A Nuanced Approach to Attribution and Integrity Rights

Posted March 28, 2017
“Author from BL Harley 4425, f. 133” by Guillaume de Lorris and Jean de Meun is licensed under PDM 1.0

“Author from BL Harley 4425, f. 133” by Guillaume de Lorris and Jean de Meun is licensed under PDM 1.0

Since our launch, Authors Alliance has endorsed the idea that Congress should extend statutory protections for attribution (the right of an author to be credited as the author of his or her work) and integrity (the right of an author to prevent prejudicial distortions of the work) as part of its copyright reform initiatives. In our Principles and Proposals for Copyright Reform, we wrote that the “law should recognize the right of authors to be acknowledged as creators of our works.”

Last week, Authors Alliance President Pamela Samuelson identified eight reasons why it is in the interest of authors as well as the public for authorial attribution and integrity to be statutorily recognized in U.S. copyright law. In this second post in our series on moral rights, we set out some additional contours for the scope of these rights.

Limitations and Exceptions

To prevent attribution and integrity rights from stifling onward creativity and speech, these rights should be carefully cabined through limitations and exceptions. Three of these limitations and exceptions are fair use, first sale, and “reasonableness.”

Fair Use

Authors Alliance recommends statutory recognition of fair use as a limitation on non-economic authorial rights. A follow-on creator who parodies a well-known popular song, such as the 2 Live Crew parody of Roy Orbison’s “Pretty Woman,” should, for example, be able to avoid liability for violating attribution and integrity rights by raising a fair use defense. Critically, attribution and integrity rights should not constrain the ability of others to speak about an author or a work.

First Sale

Authors Alliance supports a first sale exception to attribution and integrity rights to allow for the modification of lawfully acquired works (outside of works covered by the Visual Artists Rights Act).
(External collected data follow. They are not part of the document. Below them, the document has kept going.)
-- ===== src/Gateway/Loop/Stages.antt =====
-- What the publishing stages of the loop of gateway/src/main.cpp keep of the sessions.
use climate_node.Common.{
  ℕ, ◌≤◌, Bool, true, false, ◌&&◌, List, Option, none, some, if_both, length, ◌==◌,
}
use climate_node.Zephyr.{is_success}
use climate_node.Commands.{Node}
use climate_node.Protocol.{Nanopb, encode_telemetry}
use climate_node.Gateway.{
  NodeSession, MqttCall, Qos, at_most_once, at_least_once, peer_topic_telemetry, peer_topic_ack,
  peer_topic_status,
}
use climate_node.Gateway.Lifecycle.{status_text, is_serving}
use climate_node.Gateway.Pass.{Timely, Timely-session_drop}
use climate_node.Gateway.Outgoing.{
  if_read, Slot, Sent, stage, when_signalled, publish_pending_telemetry, publish_relayed,
  publish_relayed_status,
}
use climate_node.Gateway.Channels.{Channel}
use climate_node.Gateway.Loop.{
  StageInput, stage_on, slot_of, World, own_stage, relay_telemetry_stage, relay_ack_stage,
  relay_status_stage,
}
use climate_node.Gateway.Loop.Invariant.{BothTimely, Timely-publish}

module _ (e : ℕ) where
  -- A publishing stage, of which only the session matters here.
  abbrev KeepsSent : {A : Type 0} → (Slot A → NodeSession → Sent) → Type 0
  KeepsSent {A} f = (x : Slot A) (s : NodeSession) → Timely e s → Timely e (f x s).1

  abbrev SoundCalls : List MqttCall × NodeSession → Type 0
  SoundCalls r = Timely e r.1

  Timely-stage :
      {A : Type 0} (f : Slot A → NodeSession → Sent) (x : Slot A) (s : NodeSession)
      → KeepsSent f
      → x.noted ≤ e
      → Timely e s
      → Timely e (stage f x s).1
  unfolding stage
  Timely-stage f x s keeps noted w =
      let kept = keeps x s w in
      if_both SoundCalls (x.ready && is_serving s.state)
        (if_both SoundCalls (is_success (f x s).2) kept
          (Timely-session_drop (f x s).1 true x.noted e noted kept))
        w

  abbrev SoundSent : Sent → Type 0
  SoundSent r = Timely e r.1

  Timely-if_read :
      {A : Type 0} (x : Slot A) (s : NodeSession) (f : A → Sent) (o : Option A)
      → ((a : A) → Timely e (f a).1)
      → Timely e s
      → Timely e (if_read x s f o).1
  Timely-if_read x s f none k w = w
  Timely-if_read x s f (some a) k w = k a

  Timely-when_signalled :
      {A : Type 0} (x : Slot A) (s : NodeSession) (f : A → Sent)
      → ((a : A) → Timely e (f a).1)
      → Timely e s
      → Timely e (when_signalled x s f).1
  unfolding when_signalled
  Timely-when_signalled x s f k w =
      if_both SoundSent x.signalled (Timely-if_read x s f x.value k w) w

  KeepsSent-publish_pending_telemetry : (pb : Nanopb) → KeepsSent (publish_pending_telemetry pb)
  unfolding publish_pending_telemetry
  KeepsSent-publish_pending_telemetry pb x s w =
      Timely-when_signalled x s _
        (λ r.
          if_both SoundSent (length (encode_telemetry pb r pb.telemetry_size) == 0) w
            (Timely-publish e s s.config.topic_telemetry _ at_most_once false w))
        w

  KeepsSent-publish_relayed : (topic : List ℕ) (qos : Qos) → KeepsSent (publish_relayed topic qos)
  unfolding publish_relayed
  KeepsSent-publish_relayed topic qos x s w =
      Timely-when_signalled x s _ (λ up. Timely-publish e s topic up.bytes qos false w) w

  KeepsSent-publish_relayed_status : KeepsSent publish_relayed_status
  unfolding publish_relayed_status
  KeepsSent-publish_relayed_status x s w =
      Timely-when_signalled x s _
        (λ st. Timely-publish e s peer_topic_status (status_text st.online) at_least_once true w) w

  pub Timely-stage_on :
      {A : Type 0} (f : Slot A → NodeSession → Sent) (ready : Bool) (i : StageInput) (c : Channel A)
      (s : NodeSession)
      → KeepsSent f
      → i.noted ≤ e
      → Timely e s
      → Timely e (stage_on f ready i c s).1
  unfolding stage_on slot_of
  Timely-stage_on f ready i c s keeps noted w = Timely-stage f (slot_of ready i c) s keeps noted w

  module _ (n : Node) (pb : Nanopb) (ready : Bool) (i : StageInput) (w : World n pb)
      (noted : i.noted ≤ e) (h : BothTimely e w.sessions) where
    pub BothTimely-own_stage : BothTimely e (own_stage n pb ready i w).1.sessions
    unfolding own_stage
    BothTimely-own_stage = (
      Timely-stage_on _ ready i w.channels.telemetry w.sessions.own
          (KeepsSent-publish_pending_telemetry pb) noted h.0,
      h.1,
    )

    pub BothTimely-relay_telemetry_stage :
        BothTimely e (relay_telemetry_stage n pb ready i w).1.sessions
    unfolding relay_telemetry_stage
    BothTimely-relay_telemetry_stage = (
      h.0,
      Timely-stage_on _ ready i w.channels.relay_telemetry w.sessions.peer
          (KeepsSent-publish_relayed peer_topic_telemetry at_most_once) noted h.1,
    )

    pub BothTimely-relay_ack_stage : BothTimely e (relay_ack_stage n pb ready i w).1.sessions
    unfolding relay_ack_stage
    BothTimely-relay_ack_stage = (
      h.0,
      Timely-stage_on _ ready i w.channels.relay_ack w.sessions.peer
          (KeepsSent-publish_relayed peer_topic_ack at_least_once) noted h.1,
    )

    pub BothTimely-relay_status_stage : BothTimely e (relay_status_stage n pb ready i w).1.sessions
    unfolding relay_status_stage
    BothTimely-relay_status_stage = (
      h.0,
      Timely-stage_on _ ready i w.channels.relay_status w.sessions.peer
          KeepsSent-publish_relayed_status noted h.1,
    )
For example, owners of copies of copyrighted toys, among other works, should be able to engage in playful acts, such as deconstructing, reassembling, and combining new elements into a new toy for the owners’ private enjoyment or creative reuse, without fearing that the author of the toy could challenge this creative reuse as a violation of integrity rights.

“Reasonableness”

A robust “reasonableness” limitation on integrity and attribution rights should also be in place. If it is reasonable, given the circumstance, to distort the work or not to identify the author, there should be no infringement of the right of integrity or attribution. For example, in some situations, it may not be feasible to provide attribution (e.g., in the midst of a lecture or performance), and some works by popular authors (e.g., Dr. Seuss) are so well-known or familiar to their audience (e.g., on a Harry Potter fan fiction site) that they are self-attributing.

Remedies

In addition to providing for limitations and exceptions to the application of integrity and attribution rights, potential harm to speech interests can be mitigated by providing for remedies that are tailored to remedy the harm caused to the affected author’s interest. Given the non-economic nature of violations of attribution and integrity rights, monetary damages should be avoided in favor of injunctive relief. For example, in the event of a failure to attribute, a remedy compelling the inclusion of the author’s name in subsequent distributions of the work would address the harm to the author’s attribution right. Similarly, in the case of integrity rights, relief may take the form of requiring that the modified work be accompanied by a disclaimer that communicates the author’s objection and the nature of the modifications to the original work.

Authors Alliance strongly discourages providing statutory damages for violations of attribution or integrity rights. Given the lack of principles for making statutory damages consistent and just in the copyright infringement context, and given that the nature of the harm for a violation of attribution and integrity rights is generally non-economic, statutory damages should not be available for violations of non-economic author rights.

Duration

Authors Alliance believes in the importance of a healthy public domain and supports the public’s right to freely use works that have entered into it. To avoid obstructing the public domain’s vitality, limits on the duration of non-economic author rights should be in place. The duration of non-economic author rights should be no longer than the length of copyright protection (whether the copyright expires or the copyright owner releases the work to the public domain). In fact, since the rationales for statutory recognition of rights of attribution and integrity are strongest when those rights are asserted by living authors, it would be appropriate for those rights to be non-transferable and last only until the author’s death.